Background information
- Born: Lee Ji-yeon April 12, 1979 (age 47) Bongcheon-dong, Gwanak District, Seoul, South Korea
- Genres: K-pop; ballad;
- Occupation: Singer
- Years active: 1999–present
- Label: New Era project

Korean name
- Hangul: 이지연
- Hanja: 李知姸
- RR: I Jiyeon
- MR: I Chiyŏn

Stage name
- Hangul: 이수영
- Hanja: 李秀英
- RR: I Suyeong
- MR: I Suyŏng

= Lee Soo-young =

South Korean singer (born 1979)

Lee Soo-young (born Lee Ji-yeon, on April 12, 1979) is a South Korean ballad singer.

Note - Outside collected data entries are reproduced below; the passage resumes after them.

-- ===== src/Gids/Creation.antt =====
-- _gids_map_create of src/munged/gids.c as a whole.
use mathlib.Core.Path.{subst}
use munge.Prelude.{
  ℕ, ◌≡◌, refl, sym, ◌∙◌, arith, List, [], Bool, true, false, ◌&&◌, ◌⊎◌, Option-cases, none, some,
  inl, inr, if◌then◌else◌, Bool-cases,
}
use munge.Prelude.Bytes.{All}
use munge.Hash.{Hash, find, create}
use munge.Hash.Chain.{Keys}
use munge.Hash.Nodes.{Arena}
use munge.Hash.View.{IsValid, create-IsValid}
use munge.Gids.Keys.{uid_keys, user_keys}
use munge.Gids.Maps.{IsMap}
use munge.Gids.Users.{IsCache}
use munge.Gids.Exact.{grants}
use munge.Gids.Scanning.{EntryServed, Ends, ends_well, Holds-nobody, scan-Ends, granted}
use munge.Gids.Build.{
  GroupReading, Scanned, finished, failed, unfinished, scan, Setup, Created, created, not_created,
  double_free, waiting, conclude, scan_with, map_create, gid_hash_size, uid_hash_size,
}
use munge.Gids.{GidMap, Scan, Lookup, member_in}

-- Every call beside the pass succeeds.
unfoldable pub is_set_up : Setup → Bool
is_set_up e =
    e.gid_struct && e.gid_table && e.uid_struct && e.uid_table && e.start_time && e.group_buffer
    && e.passwd_buffer && e.stop_time

-- The map holds the relation of the entries.
pub record Maps (passwd : List ℕ → Lookup) (es : List GroupReading) (m : GidMap) : Type 0 where
  pub is_map : IsMap m
  pub members : (u g : ℕ) → member_in m u g ≡ grants passwd false es u g

create_anyway :
    {K D : Type 0} (size : ℕ) (a b : Bool) (h : Hash K D)
    → create size a b ≡ some h
    → create size true true ≡ some h
unfolding create
create_anyway size true true h e = e
create_anyway size true false h e = cc
create_anyway size false b h e = cc

create_absent :
    {K D : Type 0} (size : ℕ) (a b : Bool) → create {K = K} {D = D} size a b ≡ none → a && b ≡ false
unfolding create
create_absent size true true e = cc
create_absent size true false e = refl
create_absent size false b e = refl

created_empty :
    {K : Type 0} ⦃keys : Keys K⦄ (size : ℕ) (a b : Bool) {h : Hash K ℕ}
    → create size a b ≡ some h
    → IsValid h × ((q : K) → find h q ≡ none)
created_empty size a b {h = h} e =
    let (v, count, finds) = create-IsValid size h (create_anyway size a b h e) in (v, finds)

and_false : (a b : Bool) → b ≡ false → a && b ≡ false
and_false a b h = ground arith

clash : {u : ℕ} → none ≡ some u → ⊥
clash e = cc

module _ (passwd : List ℕ → Lookup) (bad : Type 0) (es : List GroupReading) where
  abbrev Outcome : Bool → Created → Type 0
  Outcome well (created m g a) = Maps passwd es m
  Outcome well (not_created g a) = (well ≡ false) ⊎ bad
  Outcome well double_free = well ≡ false
  Outcome well waiting = well ≡ false

  conclude-Outcome :
      (e : Setup) (well : Bool) (r : Scanned)
      → Ends passwd bad (granted passwd bad (λ u g. false) es) well r
      → Outcome (e.stop_time && well) (conclude e r)
  unfolding conclude
  conclude-Outcome e well (finished s) h = elim (Bool-cases e.stop_time) [
    | inl t ↦ rw t (record { is_map = h.is_map; members = h.members })
    | inr t ↦ rw t refl
  ]
  conclude-Outcome e well (failed s) (inl f) = inl (and_false e.stop_time well f)
  conclude-Outcome e well (failed s) (inr b) = inr b
  conclude-Outcome e well unfinished h = and_false e.stop_time well h

  guarded-Outcome :
      (b well : Bool) (r : Created) (g : Hash (List ℕ) (List ℕ)) (a : Arena)
      → Outcome well r
      → Outcome (b && well) (if b then r else not_created g a)
  guarded-Outcome true well r g a h = h
  guarded-Outcome false well r g a h = inl refl

  weaken-Outcome : (b well : Bool) (r : Created) → Outcome well r → Outcome (b && well) r
  weaken-Outcome true well r h = h
  weaken-Outcome false well (created m g a) h = h
  weaken-Outcome false well (not_created g a) h = inl refl
  weaken-Outcome false well double_free h = refl
  weaken-Outcome false well waiting h = refl

  module _ (e : Setup) (ghosts : Hash (List ℕ) (List ℕ)) (a : Arena) where
    scan_with-Outcome :
        (gids : Hash ℕ ℕ) (uids : Hash (List ℕ) ℕ)
        → IsValid gids × ((q : ℕ) → find gids q ≡ none)
        → IsValid uids × ((q : List ℕ) → find uids q ≡ none)
        → All (EntryServed bad passwd) es
        → Outcome
            (e.start_time
              && (e.group_buffer && (e.passwd_buffer && (e.stop_time && ends_well 1 es))))
            (scan_with e ghosts a es gids uids)
    unfolding scan_with
    scan_with-Outcome gids uids vg vu c =
        let s : Scan = record {
          map = record { hash = gids; heads = [] };
          uids = uids;
          ghosts = ghosts;
          arena = a;
        } in
        let start = Holds-nobody passwd s vg.0 vg.1 (fresh-IsCache uids vu) in
        guarded-Outcome e.start_time _ _ _ _ (
          guarded-Outcome e.group_buffer _ _ _ _ (
            guarded-Outcome e.passwd_buffer _ _ _ _ (
              conclude-Outcome e (ends_well 1 es) (scan 1 s es)
                (scan-Ends passwd bad es 1 (λ u g. false) s start c))))
      where
        fresh-IsCache :
            (h : Hash (List ℕ) ℕ) → IsValid h × ((q : List ℕ) → find h q ≡ none) → IsCache passwd h
        fresh-IsCache h v = record {
          valid = v.0;
          agrees = λ q u found. absurd (clash (sym (v.1 q) ∙ found));
        }

    map_create-Outcome :
        All (EntryServed bad passwd) es
        → Outcome
            ((e.gid_struct && e.gid_table)
              && ((e.uid_struct && e.uid_table)
                  && (e.start_time
                      && (e.group_buffer && (e.passwd_buffer && (e.stop_time && ends_well 1 es))))))
            (map_create e ghosts a es)
    unfolding map_create
    map_create-Outcome c =
        elim (Option-cases (create {K = ℕ} {D = ℕ} gid_hash_size e.gid_struct e.gid_table)) [
          | inl f ↦
              rw (f, map_create, create_absent gid_hash_size e.gid_struct e.gid_table f) (inl refl)
          | inr (gids, f) ↦
              rw (f, map_create)
                (weaken-Outcome (e.gid_struct && e.gid_table) _ _
                  (elim (Option-cases
                    (create {K = List ℕ} {D = ℕ} uid_hash_size e.uid_struct e.uid_table)) [
                      | inl f' ↦
                          rw (f', create_absent uid_hash_size e.uid_struct e.uid_table f')
                            (inl refl)
                      | inr (uids, f') ↦ rw f' (
                          weaken-Outcome (e.uid_struct && e.uid_table) _ _ (
                            scan_with-Outcome gids uids (created_empty gid_hash_size _ _ f)
                              (created_empty uid_hash_size _ _ f') c))
                    ]))
        ]

-- A map that `_gids_map_create` returns is exactly the group database: well formed, and a user is a
-- member of a group in it where an entry for the group that was read since the last restart (ERANGE)
-- names somebody whose passwd entry has the uid. This holds whatever memory fails, whatever the uids
-- in the cache, and however often the pass was restarted. Condition: all answers come from one passwd
-- database.
pub map_create-Maps :
    (passwd : List ℕ → Lookup) (es : List GroupReading) (e : Setup)
    → (ghosts : Hash (List ℕ) (List ℕ)) (a : Arena) → All (EntryServed Unit passwd) es
    → (m : GidMap) (g : Hash (List ℕ) (List ℕ)) (b : Arena)
    → map_create e ghosts a es ≡ created m g b
    → Maps passwd es m
map_create-Maps passwd es e ghosts a c m g b run =
    subst (Outcome passwd Unit es _) run (map_create-Outcome passwd Unit es e ghosts a c)

-- `_gids_map_create` returns a map, which is that of the group database, where each call beside the
-- pass succeeds, memory is there for each member, all answers come from one passwd database, and those
-- of the group database come to an end before an error and within sixteen passes.
pub map_create-some :
    (passwd : List ℕ → Lookup) (es : List GroupReading) (e : Setup)
    → (ghosts : Hash (List ℕ) (List ℕ)) (a : Arena) → All (EntryServed ⊥ passwd) es
    → is_set_up e ≡ true
    → ends_well 1 es ≡ true
    → (m : GidMap) × (g : Hash (List ℕ) (List ℕ)) × (b : Arena) × (map_create e ghosts a es
        ≡ created m g b)
      × Maps passwd es m
unfolding is_set_up
map_create-some passwd es e ghosts a c set_up well =
    returned (map_create e ghosts a es) refl (map_create-Outcome passwd ⊥ es e ghosts a c)
  where
    returned :
        (r : Created)
        → map_create e ghosts a es ≡ r
        → Outcome passwd ⊥ es
            ((e.gid_struct && e.gid_table)
              && ((e.uid_struct && e.uid_table)
                  && (e.start_time
                      && (e.group_buffer && (e.passwd_buffer && (e.stop_time && ends_well 1 es))))))
            r
        → (m : GidMap) × (g : Hash (List ℕ) (List ℕ)) × (b : Arena) × (map_create e ghosts a es
            ≡ created m g b)
          × Maps passwd es m
    returned (created m g b) run h = (m, g, b, run, h)
    returned (not_created g b) run (inl f) = absurd (ground arith)
    returned (not_created g b) run (inr x) = elim x [ ]
    returned double_free run f = absurd (ground arith)
    returned waiting run f = absurd (ground arith)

She debuted in 1999 with the hit album, I Believe, and quickly gained popularity due to her strong singing skills. During the mid-2000s, Lee was one of South Korea's best-selling singers, selling more than 700,000 albums in 2004 alone despite a recession in the music industry at the time.

== Career ==
In 2001, she sang the official Korean version of the Final Fantasy X song "Suteki Da Ne" in Korean, titled "얼마나 좋을까" ("Eolmana Joheulkka").

She released her seventh album, Grace, on January 21, 2006. It performed very well, able to shoot straight to the top of the charts. The popularity of the album led to a limited edition (repackage) release of Grace, of which only 30,000 copies were produced.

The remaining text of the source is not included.